28. Sans adhérer aux explications freudiennes de L. Virol, nous pensons avec lui que durant cette période une véritable « identité » de l'administration des télécommunications s'est forgée. Son étude est certainement une clef pour comprendre l'évolution de ce secteur. La réflexion menée par les ingénieurs des télécommunications sur l'avenir de la DGT et du monopole forme, par exemple, un élément très important pour réfléchir aux solutions d'avenir. L. Virol, « L'administration face à l'évolution de la demande, des techniques et des mentalités », dans A. Giraud, J.-L. Missika, D. Wolton (dir.), Les réseaux pensants, Paris, Masson, 1978.

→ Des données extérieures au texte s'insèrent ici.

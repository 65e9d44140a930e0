-- ===== src/Kernel/Console/Paper.antt =====
-- What is printed on the screen of scheduler/kern/console.c, as what is printed on paper.
use features_operating_syste.Prelude.{ℕ, ◌%◌, subst, List, [], ◌∷◌, ◌==◌}
use features_operating_syste.Kernel.Console.Ports.{Puertos, Equipo, serial_putc, lpt_putc}
use features_operating_syste.Kernel.Console.Screen.{
  con_atributo, colocar, subir_filas, mover_cursor, cga_putc_con, cons_putc_con, blanco, tabulador,
  cons_putc, cputs,
}
use features_operating_syste.Kernel.Console.Roll.{
  Muestra, Papel, colocado, colocar-Muestra, correr_papel, correr_papel-si, correr_papel_quieto,
  escribir_papel, imprimir, imprimir_simple, imprimir_todo, otros_puertos, subir_filas-Muestra,
}

module _ {D : Type 0} (p : Puertos D) where
  cons_putc_con-Muestra :
      (tab : Equipo D → Equipo D) (f : Papel → Papel) (c : ℕ) (t : Papel) (e : Equipo D)
      → ((e' : Equipo D) → Muestra 2000 t e' → Muestra 2000 (f t) (tab e'))
      → Muestra 2000 t e
      → Muestra 2000 (correr_papel (colocado f (con_atributo c) t)) (cons_putc_con p tab c e)
  unfolding cons_putc_con cga_putc_con mover_cursor
  cons_putc_con-Muestra tab f c t e w v =
      let e1 = record e { puertos = lpt_putc p c (serial_putc p c e.puertos) } in
      let v1 = otros_puertos t e (lpt_putc p c (serial_putc p c e.puertos)) v in
      let v2 = colocar-Muestra tab f (con_atributo c) t e1 v1 (w e1 v1) in
      let e2 = colocar tab (con_atributo c) e1 in
      let v3 = subir_filas-Muestra (colocado f (con_atributo c) t) e2 v2 in
      otros_puertos (correr_papel (colocado f (con_atributo c) t)) (subir_filas e2) _ v3

  blanco-Muestra :
      (t : Papel) (e : Equipo D)
      → Muestra 2000 t e
      → Muestra 2000 (imprimir_simple 32 t) (blanco p e)
  blanco-Muestra t e v = cons_putc_con-Muestra (λ e'. e') (λ t'. t') 32 t e (λ e' v'. v') v

  abbrev cinco : Papel → Papel
  cinco t =
      imprimir_simple 32
        (imprimir_simple 32 (imprimir_simple 32 (imprimir_simple 32 (imprimir_simple 32 t))))

  tabulador-Muestra :
      (t : Papel) (e : Equipo D) → Muestra 2000 t e → Muestra 2000 (cinco t) (tabulador p e)
  tabulador-Muestra t e v =
      let v1 = blanco-Muestra t e v in
      let v2 = blanco-Muestra _ _ v1 in
      let v3 = blanco-Muestra _ _ v2 in let v4 = blanco-Muestra _ _ v3 in blanco-Muestra _ _ v4

  cons_putc-Muestra :
      (c : ℕ) (t : Papel) (e : Equipo D)
      → Muestra 2000 t e
      → Muestra 2000 (imprimir c t) (cons_putc p c e)
  unfolding cons_putc
  cons_putc-Muestra c t e v =
      let w =
        cons_putc_con-Muestra (tabulador p) cinco c t e (λ e' v'. tabulador-Muestra t e' v') v in
      let h = correr_papel_quieto (cinco t) (tabulador p e) (tabulador-Muestra t e v) in
      subst (λ (r : Papel). Muestra 2000 r (cons_putc p c e))
        (correr_papel-si (con_atributo c % 256 == 9) (cinco t) (escribir_papel (con_atributo c) t)
          h)
        w

  -- A screen that shows the paper shows it after any text: where `cputs` prints the characters one by one
  -- on the screen, the paper has them printed on it, and the screen shows its last 25 rows, with the
  -- cursor at the place of the next character. The cursor is then below 2000.
  pub cputs-Muestra :
      (l : List ℕ) (t : Papel) (e : Equipo D)
      → Muestra 2000 t e
      → Muestra 2000 (imprimir_todo l t) (cputs p l e)
  unfolding cputs
  cputs-Muestra [] t e v = v
  cputs-Muestra (c ∷ l) t e v =
      cputs-Muestra l (imprimir c t) (cons_putc p c e) (cons_putc-Muestra c t e v)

QUELQUES ÉLÉMENTS TECHNIQUES

Pour que deux correspondants puissent communiquer, leur voix doit être transportée tout au long de lignes téléphoniques. Les moyens utilisés pour cela, et tout particulièrement les cables, relèvent de la « transmission ». Il n'y a cependant pas que deux abonnés, le réseau en comprend des millions et il n'est pas question de relier directement chaque abonné à tous les autres abonnés par un fil. Il faut donc acheminer les communications sur des voies de tailles différentes, les orienter vers le bon destinataire. Le central de commutation est l'élément essentiel de cette distribution des messages, sorte de gare de triage du réseau téléphonique. L'autre grand domaine technique du téléphone est donc la « commutation ».

Le Crossbar fut après la seconde guerre mondiale le modèle de central de commutation le plus développé. Lorsque un abonné appelle son correspondant, la bonne destination est sélectionnée par des systèmes de barres se croisant (Crossbar) en fonction du numéro composé sur le combiné. A chaque numéro correspond une position différente.

L'électronique a donné aux techniques de commutation de nouvelles possibilités. Le central de commutation spatial n'est que partiellement électronique, il sélectionne toujours la bonne connection dans l'espace par le croisement de barres métalliques. Il est en fait un central Crossbar dont les performances sont améliorées grâce à des calculateurs électroniques.
Le central de commutation temporel est lui totalement électronique. Il sélectionne la bonne connection grâce à des systèmes électroniques commandés par des programmes informatiques. Il rompt totalement avec la technologie Crossbar, aucune pièce mécanique n'est en mouvement, la dimension de sélection n'est plus l'espace mais le temps, la gestion est totalement informatisée.

La commutation temporelle permet de mettre en place le Réseau numérique a intégration de service (RNIS) qui transmettra sur un réseau unique l'ensemble des informations, voix, images, données informatiques.